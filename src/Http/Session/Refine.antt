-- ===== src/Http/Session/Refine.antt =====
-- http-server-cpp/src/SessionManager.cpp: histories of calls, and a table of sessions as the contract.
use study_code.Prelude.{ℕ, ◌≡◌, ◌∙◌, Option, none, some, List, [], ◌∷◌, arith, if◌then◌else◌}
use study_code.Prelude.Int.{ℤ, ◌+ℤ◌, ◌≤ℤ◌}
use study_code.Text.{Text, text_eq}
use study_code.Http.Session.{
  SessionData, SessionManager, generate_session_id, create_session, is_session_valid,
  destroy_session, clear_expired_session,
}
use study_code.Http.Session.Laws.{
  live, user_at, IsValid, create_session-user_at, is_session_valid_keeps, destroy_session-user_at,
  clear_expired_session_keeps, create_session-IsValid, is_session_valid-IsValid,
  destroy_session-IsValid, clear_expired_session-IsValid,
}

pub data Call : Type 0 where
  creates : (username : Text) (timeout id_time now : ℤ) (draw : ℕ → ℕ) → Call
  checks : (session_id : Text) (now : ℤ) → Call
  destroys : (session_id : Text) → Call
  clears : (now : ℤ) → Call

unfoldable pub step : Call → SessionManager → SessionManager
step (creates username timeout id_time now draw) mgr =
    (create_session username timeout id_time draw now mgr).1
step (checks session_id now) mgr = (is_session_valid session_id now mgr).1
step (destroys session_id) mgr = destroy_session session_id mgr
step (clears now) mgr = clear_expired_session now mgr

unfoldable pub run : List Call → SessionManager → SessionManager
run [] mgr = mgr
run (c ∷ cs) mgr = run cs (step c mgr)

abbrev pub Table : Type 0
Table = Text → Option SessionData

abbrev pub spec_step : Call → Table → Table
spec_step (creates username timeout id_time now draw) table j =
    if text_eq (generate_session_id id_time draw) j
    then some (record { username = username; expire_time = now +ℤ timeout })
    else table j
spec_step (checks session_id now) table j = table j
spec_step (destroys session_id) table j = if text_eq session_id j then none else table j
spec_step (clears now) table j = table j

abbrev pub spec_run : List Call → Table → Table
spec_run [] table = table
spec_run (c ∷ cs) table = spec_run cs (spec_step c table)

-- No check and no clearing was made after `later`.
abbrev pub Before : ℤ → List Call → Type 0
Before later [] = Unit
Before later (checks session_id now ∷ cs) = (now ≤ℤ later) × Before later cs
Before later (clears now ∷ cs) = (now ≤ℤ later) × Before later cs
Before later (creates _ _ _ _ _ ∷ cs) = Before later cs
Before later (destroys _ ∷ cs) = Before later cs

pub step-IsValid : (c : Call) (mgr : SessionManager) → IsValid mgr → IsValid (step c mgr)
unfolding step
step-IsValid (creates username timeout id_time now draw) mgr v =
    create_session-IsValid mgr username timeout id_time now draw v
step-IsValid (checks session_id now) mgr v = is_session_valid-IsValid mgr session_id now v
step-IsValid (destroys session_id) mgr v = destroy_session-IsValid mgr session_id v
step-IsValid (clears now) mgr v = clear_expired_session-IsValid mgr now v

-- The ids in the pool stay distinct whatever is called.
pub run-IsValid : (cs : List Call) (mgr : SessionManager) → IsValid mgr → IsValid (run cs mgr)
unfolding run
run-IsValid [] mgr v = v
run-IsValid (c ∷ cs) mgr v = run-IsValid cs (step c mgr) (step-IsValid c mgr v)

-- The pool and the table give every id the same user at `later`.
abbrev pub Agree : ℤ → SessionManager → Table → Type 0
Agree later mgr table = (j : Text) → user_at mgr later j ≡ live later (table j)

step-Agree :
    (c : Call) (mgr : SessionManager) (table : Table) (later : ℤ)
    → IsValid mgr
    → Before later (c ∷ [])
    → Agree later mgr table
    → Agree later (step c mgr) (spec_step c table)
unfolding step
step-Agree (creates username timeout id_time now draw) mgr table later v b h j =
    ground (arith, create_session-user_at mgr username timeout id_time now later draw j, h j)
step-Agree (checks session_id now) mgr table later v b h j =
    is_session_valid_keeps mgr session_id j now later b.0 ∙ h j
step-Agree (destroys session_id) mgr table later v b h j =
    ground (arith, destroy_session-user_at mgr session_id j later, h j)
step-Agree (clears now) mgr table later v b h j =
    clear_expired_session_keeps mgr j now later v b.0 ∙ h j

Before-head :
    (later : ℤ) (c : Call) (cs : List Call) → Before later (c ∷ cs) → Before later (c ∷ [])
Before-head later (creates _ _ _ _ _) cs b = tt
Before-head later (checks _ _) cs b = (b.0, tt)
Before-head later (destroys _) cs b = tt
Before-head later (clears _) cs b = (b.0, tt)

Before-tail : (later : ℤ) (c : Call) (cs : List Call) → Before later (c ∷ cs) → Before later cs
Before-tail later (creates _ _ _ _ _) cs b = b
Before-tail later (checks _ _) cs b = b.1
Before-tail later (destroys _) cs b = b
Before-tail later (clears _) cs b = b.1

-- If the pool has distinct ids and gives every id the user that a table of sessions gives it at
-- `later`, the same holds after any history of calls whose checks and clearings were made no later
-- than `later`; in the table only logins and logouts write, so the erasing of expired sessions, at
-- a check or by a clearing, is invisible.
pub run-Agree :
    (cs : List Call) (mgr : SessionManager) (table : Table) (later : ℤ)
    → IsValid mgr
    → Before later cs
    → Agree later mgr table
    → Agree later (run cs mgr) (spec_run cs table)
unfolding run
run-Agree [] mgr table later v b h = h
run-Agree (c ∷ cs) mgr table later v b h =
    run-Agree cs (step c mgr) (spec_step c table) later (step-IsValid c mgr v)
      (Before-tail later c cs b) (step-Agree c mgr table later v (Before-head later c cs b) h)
________________
• _PROMPT_
Starting at the line above that holds "step (checks session_id now) mgr" and ending at the line that holds "abbrev pub Table : Type 0", transcribe each line exactly and include no other lines.

• _EXERCISE OUTPUT_
step (checks session_id now) mgr = (is_session_valid session_id now mgr).1
step (destroys session_id) mgr = destroy_session session_id mgr
step (clears now) mgr = clear_expired_session now mgr

unfoldable pub run : List Call → SessionManager → SessionManager
run [] mgr = mgr
run (c ∷ cs) mgr = run cs (step c mgr)

abbrev pub Table : Type 0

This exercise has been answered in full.